**Task item**. For the entries below, print exactly the lines between the line holding "copy_to : Secret" and the line holding "copy_to source namespace name (api.get", inclusive, and nothing else.
Start of Available records
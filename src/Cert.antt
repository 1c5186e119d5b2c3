-- ===== src/Cert.antt =====
-- Copies of secrets: `CopySecret`, `IsSubset` and `Merge` of pkg/util/cert/secret.go.
pub mod Copy
pub mod Authority
pub mod Sample
mod Tests
use cluster_gateway.Base.{
  String, Bool, true, false, Option, none, some, List, [], ◌∷◌, str_eq, if◌then◌else◌, Error,
  not_found, already_exists, wrapped, Result, ok, err, panic,
}
use cluster_gateway.Base.Maps.{Map, lookup, insert}
use cluster_gateway.Base.Effects.{Action}
use cluster_gateway.Api.{Bytes, text, value, Secret}

-- `apierrors.IsNotFound` and `apierrors.IsAlreadyExists`, which look behind wrappings
unfoldable pub is_not_found : Error → Bool
is_not_found (not_found _) = true
is_not_found (wrapped _ e) = is_not_found e
is_not_found _ = false

unfoldable pub is_already_exists : Error → Bool
is_already_exists (already_exists _) = true
is_already_exists (wrapped _ e) = is_already_exists e
is_already_exists _ = false

-- `bytes.Equal`: nil and empty are equal
pub is_subset : Map Bytes → Map Bytes → Bool
is_subset [] superset = true
is_subset ((k, v) ∷ subset) superset =
    let rest = is_subset subset superset in
    if str_eq (text v) (text (value (lookup k superset))) then rest else false

merge_entries : Map Bytes → Map Bytes → Map Bytes
merge_entries [] r = r
merge_entries ((k, v) ∷ l) r = merge_entries l (insert k v r)

-- The API leaves an empty map out of an object, so that the map of a secret without entries is
-- nil, and an assignment to it panics.
pub merge : Map Bytes → Map Bytes → Result (Map Bytes)
unfolding merge_entries
merge [] r = ok r
merge (e ∷ l) [] = panic
merge (e ∷ l) (f ∷ r) = ok (merge_entries (e ∷ l) (f ∷ r))

-- The client of secrets over the state of the cluster: `create` and `update` are given a namespace.
pub record SecretApi (S : Type 0) : Type 0 where
  pub get : String → String → S → Result Secret
  pub create : String → Secret → Action S (Unit {0})
  pub update : String → Secret → Action S (Unit {0})

module _ {S : Type 0} (api : SecretApi S) where
  -- The object for a target that is not there; its UID and version are cleared.
  copied : Secret → String → String → Secret
  copied source namespace name = record source { namespace = namespace; name = name }

  created : Result (Unit {0}) → Result (Unit {0})
  created (ok u) = ok u
  created (err e) =
      if is_already_exists e then ok tt else err (wrapped "failed creating CA secret" e)
  created panic = panic

  update_merged : String → Secret → Result (Map Bytes) → Action S (Unit {0})
  update_merged namespace target (ok contents) s =
      api.update namespace (record target { contents = contents }) s
  update_merged namespace target (err e) s = (err e, s)
  update_merged namespace target panic s = (panic, s)

  -- The target as it was read: there, or not there, or an error.
  copy_to : Secret → String → String → Result Secret → Action S (Unit {0})
  unfolding copied created update_merged
  copy_to source namespace name (ok target) s =
      if is_subset source.contents target.contents
      then (ok tt, s)
      else update_merged namespace target (merge source.contents target.contents) s
  copy_to source namespace name (err e) s =
      if is_not_found e
      then (let (r, s') = api.create namespace (copied source namespace name) s in (created r, s'))
      else (err (wrapped "failed getting target secret" e), s)
  copy_to source namespace name panic s = (panic, s)

  copy_from : Result Secret → String → String → Action S (Unit {0})
  unfolding copy_to
  copy_from (ok source) namespace name s =
      copy_to source namespace name (api.get namespace name s) s
  copy_from (err e) namespace name s = (err (wrapped "failed getting source secret" e), s)
  copy_from panic namespace name s = (panic, s)

  pub copy_secret : String → String → String → String → Action S (Unit {0})
  unfolding copy_from
  copy_secret source_namespace source_name target_namespace target_name s =
      copy_from (api.get source_namespace source_name s) target_namespace target_name s
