-- ===== src/Installer/Objects.antt =====
-- The objects that the installer creates: the `new…` functions and `buildManagedServiceAccount` of
-- pkg/addon/controllers/installer.go. An object has the fields that these functions set.
use cluster_gateway.Base.{ℕ, ◌*◌, String, Bool, true, List, [], ◌∷◌}
use cluster_gateway.Base.Maps.{Map}
use cluster_gateway.Api.{Bytes, OwnerReference, addon_name}
use cluster_gateway.Configuration.{
  ManagementAddon, ClusterAddon, label_addon_name, api_service_name, addon_group_version, owned_by,
}

pub record ObjectMeta : Type 0 where
  pub namespace : String
  pub name : String
  pub labels : Map String
  pub owner_references : List OwnerReference
  pub resource_version : String

-- An object that is not stored yet, and has no labels; the namespace of one of the whole cluster
-- is empty.
abbrev pub owned : List OwnerReference → String → String → ObjectMeta
owned owners namespace name = record {
  namespace = namespace;
  name = name;
  labels = [];
  owner_references = owners;
  resource_version = "";
}

pub record Service : Type 0 where
  pub meta : ObjectMeta
  pub type : String
  pub selector : Map String
  pub port_name : String
  pub port : ℕ

pub record ApiService : Type 0 where
  pub meta : ObjectMeta
  pub group : String
  pub version : String
  pub service_namespace : String
  pub service_name : String
  pub service_port : ℕ
  pub group_priority_minimum : ℕ
  pub version_priority : ℕ
  pub ca_bundle : Bytes

pub record PolicyRule : Type 0 where
  pub api_groups : List String
  pub resources : List String
  pub verbs : List String

pub record Role : Type 0 where
  pub meta : ObjectMeta
  pub rules : List PolicyRule

pub record Subject : Type 0 where
  pub kind : String
  pub namespace : String
  pub name : String

pub record RoleBinding : Type 0 where
  pub meta : ObjectMeta
  pub role_kind : String
  pub role_name : String
  pub subjects : List Subject

pub record ManagedServiceAccount : Type 0 where
  pub meta : ObjectMeta
  pub rotation_enabled : Bool
  pub validity_hours : ℕ

abbrev pub new_service_account : ManagementAddon → String → ObjectMeta
new_service_account addon namespace = owned (owned_by addon) namespace addon_name

abbrev pub new_cluster_gateway_service : ManagementAddon → String → Service
new_cluster_gateway_service addon namespace = record {
  meta = owned (owned_by addon) namespace addon_name;
  type = "ClusterIP";
  selector = (label_addon_name, addon_name) ∷ [];
  port_name = "https";
  port = 9443;
}

abbrev pub new_api_service : ManagementAddon → String → Bytes → ApiService
new_api_service addon namespace verifying_ca_bundle = record {
  meta = owned (owned_by addon) "" api_service_name;
  group = "cluster.core.oam.dev";
  version = "v1alpha1";
  service_namespace = namespace;
  service_name = addon_name;
  service_port = 9443;
  group_priority_minimum = 5000;
  version_priority = 10;
  ca_bundle = verifying_ca_bundle;
}

-- The account that the gateway runs under.
abbrev pub account : String → List Subject
account namespace =
    record { kind = "ServiceAccount"; namespace = namespace; name = addon_name } ∷ []

abbrev pub new_authentication_role : ManagementAddon → String → RoleBinding
new_authentication_role addon namespace = record {
  meta =
      owned (owned_by addon) "kube-system"
        "extension-apiserver-authentication-reader:cluster-gateway";
  role_kind = "Role";
  role_name = "extension-apiserver-authentication-reader";
  subjects = account namespace;
}

abbrev pub new_secret_role : ManagementAddon → String → Role
new_secret_role addon secret_namespace = record {
  meta = owned (owned_by addon) secret_namespace "cluster-gateway";
  rules =
      record {
        api_groups = "" ∷ [];
        resources = "secrets" ∷ [];
        verbs = "get" ∷ "list" ∷ "watch" ∷ "update" ∷ [];
      }
      ∷ [];
}

abbrev pub new_secret_role_binding : ManagementAddon → String → String → RoleBinding
new_secret_role_binding addon namespace secret_namespace = record {
  meta = owned (owned_by addon) secret_namespace "cluster-gateway";
  role_kind = "Role";
  role_name = "cluster-gateway";
  subjects = account namespace;
}

abbrev reading : String → List String → PolicyRule
reading group resources = record {
  api_groups = group ∷ [];
  resources = resources;
  verbs = "get" ∷ "list" ∷ "watch" ∷ [];
}

abbrev pub new_apf_cluster_role : ManagementAddon → Role
new_apf_cluster_role addon = record {
  meta = owned (owned_by addon) "" "apiserver-aggregation:cluster-gateway";
  rules =
      reading "cluster.open-cluster-management.io" ("managedclusters" ∷ [])
      ∷ reading "" ("namespaces" ∷ [])
      ∷ reading "admissionregistration.k8s.io" (
          "mutatingwebhookconfigurations" ∷ "validatingwebhookconfigurations"
          ∷ "validatingadmissionpolicies" ∷ "validatingadmissionpolicybindings" ∷ [])
      ∷ reading "flowcontrol.apiserver.k8s.io" ("prioritylevelconfigurations" ∷ "flowschemas" ∷ [])
      ∷ record {
        api_groups = "authorization.k8s.io" ∷ [];
        resources = "subjectaccessreviews" ∷ [];
        verbs = "*" ∷ [];
      }
      ∷ [];
}

abbrev pub new_apf_cluster_role_binding : ManagementAddon → String → RoleBinding
new_apf_cluster_role_binding addon namespace = record {
  meta = owned (owned_by addon) "" "apiserver-aggregation:cluster-gateway";
  role_kind = "ClusterRole";
  role_name = "apiserver-aggregation:cluster-gateway";
  subjects = account namespace;
}

abbrev pub build_managed_service_account : ClusterAddon → ManagedServiceAccount
build_managed_service_account addon = record {
  meta =
      owned
        (record {
          api_version = addon_group_version;
          kind = "ManagedClusterAddOn";
          uid = addon.uid;
          name = addon.name;
        }
          ∷ [])
        addon.namespace addon_name;
  rotation_enabled = true;
  validity_hours = 24 * 180;
}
End of Available records
**Response box**.
  copy_to : Secret → String → String → Result Secret → Action S (Unit {0})
  unfolding copied created update_merged
  copy_to source namespace name (ok target) s =
      if is_subset source.contents target.contents
      then (ok tt, s)
      else update_merged namespace target (merge source.contents target.contents) s
  copy_to source namespace name (err e) s =
      if is_not_found e
      then (let (r, s') = api.create namespace (copied source namespace name) s in (created r, s'))
      else (err (wrapped "failed getting target secret" e), s)
  copy_to source namespace name panic s = (panic, s)

  copy_from : Result Secret → String → String → Action S (Unit {0})
  unfolding copy_to
  copy_from (ok source) namespace name s =
      copy_to source namespace name (api.get namespace name s) s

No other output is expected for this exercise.